Collected data
- - -
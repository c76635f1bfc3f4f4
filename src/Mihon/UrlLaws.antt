-- ===== src/Mihon/UrlLaws.antt =====
-- How the helpers on URLs of rust/mihon/src/repo.rs fit together.
use mathlib.Core.List.{reverse, reverse-append, reverse-reverse}
use dion_runtime.Base.{◌≡◌, refl, Bool-cases, true, false, inl, inr, ◌++◌, Text, codes}
use dion_runtime.Base.Texts.{ends_with, trim_end_matches, rsplit_once, cut, cut_rest}
use dion_runtime.UnixPath.{slash}
use dion_runtime.Mihon.Urls.{is_index_url, normalize_index_url, repo_base_url}

abbrev index_file : Text
index_file = codes "/index.min.json"

from_end : (t : Text) → reverse (t ++ index_file) ≡ reverse index_file ++ reverse t
from_end t = reverse-append t index_file

index_file-is_index_url : (t : Text) → is_index_url (t ++ index_file) ≡ true
unfolding is_index_url ends_with
index_file-is_index_url t = rw (from_end t) refl

index_file-base : (t : Text) → repo_base_url (t ++ index_file) ≡ t
unfolding repo_base_url rsplit_once cut_rest cut
index_file-base t = rw (from_end t, rsplit_once, repo_base_url) (reverse-reverse t)

-- Normalizing again changes nothing.
pub normalize-normalize :
    (url : Text) → normalize_index_url (normalize_index_url url) ≡ normalize_index_url url
unfolding normalize_index_url
normalize-normalize url = elim (Bool-cases (is_index_url url)) [
  | inl index ↦ rw index (rw index refl)
  | inr bare ↦ rw (bare, index_file-is_index_url (trim_end_matches slash url)) refl
]

-- The directory of a bare URL that was normalized is the URL without the slashes at its end.
pub base-normalize :
    (url : Text)
    → is_index_url url ≡ false
    → repo_base_url (normalize_index_url url) ≡ trim_end_matches slash url
unfolding normalize_index_url
base-normalize url bare = rw bare (index_file-base (trim_end_matches slash url))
- - -
* _WHAT YOU HAVE TO DO_
Please transcribe exactly the line containing "slash url)) refl" and every line after it through the end of the records, and nothing else.

* _EXERCISE SOLUTION_
  | inr bare ↦ rw (bare, index_file-is_index_url (trim_end_matches slash url)) refl
]

-- The directory of a bare URL that was normalized is the URL without the slashes at its end.
pub base-normalize :
    (url : Text)
    → is_index_url url ≡ false
    → repo_base_url (normalize_index_url url) ≡ trim_end_matches slash url
unfolding normalize_index_url
base-normalize url bare = rw bare (index_file-base (trim_end_matches slash url))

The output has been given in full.